Sea Jobs UK: How to Find Maritime Work in 2026

The UK maritime industry employs tens of thousands of seafarers directly and many more in shore-based roles connected to shipping. The market in 2026 has specific characteristics that make it worth understanding before you start applying for anything.

What the UK Maritime Job Market Looks Like

Senior officers are undersupplied. Chief engineers, chief officers and electro-technical officers are in shorter supply relative to fleet demand than they were three years ago. If you hold any of these certificates with current endorsements and relevant sea service, you are in a genuinely good position.

Offshore wind is the sector growing fastest. Service operation vessels, cable lay ships and installation support vessels all need qualified maritime officers and the sector is expanding in UK waters faster than qualified crew can be produced. Officers who position toward offshore wind now enter a market where demand consistently exceeds supply.

The North Sea offshore oil and gas market has recovered significantly from the downturn period. Platform supply vessel and AHTS positions are available at good rates for officers with DP certification.

The Main UK Employment Channels

Clyde Marine Recruitment in Glasgow is one of the longest-established UK maritime recruitment specialists. Strong in deck and engineering officer placements and active in the offshore sector.
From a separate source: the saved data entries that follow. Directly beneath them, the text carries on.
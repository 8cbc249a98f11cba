-- ===== src/Offers/Counts.antt =====
-- What a synchronisation does, and counts.
use bazos.Base.{
  ℕ, ◌+◌, ◌≡◌, sym, ap, ◌∙◌, subst, Option, List, [], ◌∷◌, Bool, arith, length, select, some,
}
use bazos.Store.{Store, BazosAccount, Outcome, ok, err, by_key, find_unique}
use bazos.Store.Runs.{Ends, bind-Ends, return-Ends, or_throw-Ends, ok_inj}
use bazos.Store.Loops.{for_each, catch}
use bazos.Offers.{
  OffersEnv, SyncProduct, Synced, created, updated, was_created, was_updated, was_failed,
  SyncResults, sync_each, sync_product, sync_from_catalog,
}
use bazos.Offers.Steps.{
  Synchronises, all_done, one_created, one_updated, one_failed, IsStep, sync_product-IsStep,
}

module _ (env : OffersEnv) (account_id : ℕ) where
  -- The outcomes of a list of products count the steps.
  abbrev Counted : List SyncProduct → Store → Store → List (Outcome Synced) → Type 0
  Counted ps s u os =
      Synchronises env account_id ps s u (length (select was_created os))
        (length (select was_updated os)) (length (select was_failed os))

  push-Counted :
      (p : SyncProduct) (ps : List SyncProduct) (s v u : Store) (o : Outcome Synced)
      (os : List (Outcome Synced))
      → IsStep env account_id p s (o, v)
      → Counted ps v u os
      → Counted (p ∷ ps) s u (o ∷ os)
  unfolding select
  push-Counted p ps s v u (ok created) os step rest = one_created step rest
  push-Counted p ps s v u (ok updated) os step rest = one_updated step rest
  push-Counted p ps s v u (err e) os step rest =
      one_failed (subst (λ w. Counted ps w u os) (sym step) rest)

  sync_each-IsStep :
      (p : SyncProduct) {s v : Store} {o : Outcome Synced}
      → Ends (sync_each env account_id p) s o v
      → IsStep env account_id p s (o, v)
  unfolding catch
  sync_each-IsStep p {s} {v} e =
      subst (λ o. IsStep env account_id p s (o, v)) (ok_inj e.value)
        (subst (λ w. IsStep env account_id p s ((sync_product env account_id p s).0, w)) e.store
          (sync_product-IsStep env account_id p s))

  for_each-Counted :
      (ps : List SyncProduct) {s u : Store} {os : List (Outcome Synced)}
      → Ends (for_each (sync_each env account_id) ps) s os u
      → Counted ps s u os
  unfolding for_each select
  for_each-Counted [] {s} e =
      let (none_left, same) = return-Ends e in
      subst (Counted [] s _) none_left (subst (λ w. Counted [] s w []) same all_done)
  for_each-Counted (p ∷ ps) {s} {u} e =
      let (o, v, first, e1) = bind-Ends e in
      let (os, w, rest, e2) = bind-Ends e1 in
      let (answer, same) = return-Ends e2 in
      subst (Counted (p ∷ ps) s u) answer (
        push-Counted p ps s v u o os (sync_each-IsStep p first)
          (subst (λ x. Counted ps v x os) same (for_each-Counted ps rest)))

Synchronises-total :
    {env : OffersEnv} {account_id : ℕ} {ps : List SyncProduct} {s u : Store} {c n f : ℕ}
    → Synchronises env account_id ps s u c n f
    → c + (n + f) ≡ length ps
Synchronises-total all_done = omega arith
Synchronises-total (one_created step rest) = omega (arith, Synchronises-total rest)
Synchronises-total (one_updated step rest) = omega (arith, Synchronises-total rest)
Synchronises-total (one_failed rest) = omega (arith, Synchronises-total rest)

-- A synchronisation that ends is for an account that is there, and takes the products that Catalog
-- lists one after the other. The answer counts as created those for which an ad with the product's
-- title, or else its name, was added, where the account had none; as updated those for which an ad
-- that the account had was changed, and no other one; as failed those for which nothing was written.
-- The ad that is added or changed shows the stock of Warehouse and the price of Catalog, and is active
-- if there is stock. The three counts add up to the number of products.
pub sync_from_catalog-counts :
    (env : OffersEnv) (account : Option ℕ) (limit : ℕ) (active_only : Bool) (s u : Store)
    (r : SyncResults)
    → Ends (sync_from_catalog env account limit active_only) s r u
    → (id : ℕ) × (products : List SyncProduct) × (account ≡ some id)
      × ((a : BazosAccount) × (by_key (λ (x : BazosAccount). x.id) id s.accounts ≡ some a))
      × (env.search_products active_only limit ≡ some products)
      × Synchronises env id products s u r.created_count r.updated_count r.failed_count
      × (r.total ≡ length products)
      × (r.created_count + (r.updated_count + r.failed_count) ≡ r.total)
unfolding sync_from_catalog find_unique
sync_from_catalog-counts env account limit active_only s u r e =
    let (id, t, given, e1) = bind-Ends e in
    let (o, v, looked, e2) = bind-Ends e1 in
    let (a, w, there, e3) = bind-Ends e2 in
    let (products, x, listed, e4) = bind-Ends e3 in
    let (outcomes, y, looped, e5) = bind-Ends e4 in
    let (answer, same) = return-Ends e5 in
    let (has_id, kept) = or_throw-Ends _ _ given in
    let (is_there, kept_too) = or_throw-Ends _ _ there in
    let (are_listed, kept_last) = or_throw-Ends _ _ listed in
    let found =
      ap (λ (w : Store). by_key (λ (x : BazosAccount). x.id) id w.accounts) kept
      ∙ (ok_inj looked.value ∙ is_there) in
    let before : s ≡ x = kept ∙ (looked.store ∙ (kept_too ∙ kept_last)) in
    let total = ap (λ (x : SyncResults). x.total) (sym answer) in
    let steps : Synchronises env id products s u r.created_count r.updated_count r.failed_count =
      subst
        (λ (q : SyncResults).
          Synchronises env id products s u q.created_count q.updated_count q.failed_count)
        answer
        (subst (λ w. Counted env id products w u outcomes) (sym before)
          (subst (λ w. Counted env id products x w outcomes) same
            (for_each-Counted env id products looped))) in
    (
      id,
      products,
      has_id,
      (a, found),
      are_listed,
      steps,
      total,
      omega (arith, total, Synchronises-total steps),
    )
V.Group has its own crewing department and manages vessels across multiple types. Approaching them directly alongside any agency registration is worth doing.

UK Maritime and Coastguard Agency approved training providers regularly post jobs alongside their courses. These connections are worth building from the early stages of a maritime career.

Manning agencies with UK flag vessel operator relationships. Not all agencies have strong UK flag connections. The UK flag pays well because it requires compliance with UK merchant navy conditions.

For UK Nationals Specifically

UK nationals have access to positions under UK collective agreements that are not available to all nationalities. Caledonian MacBrayne ferries, Serco Marine Services, Trinity House and RNLI all recruit UK nationals specifically and often pay above the international market rates.

These organisations are worth approaching directly alongside international maritime employers.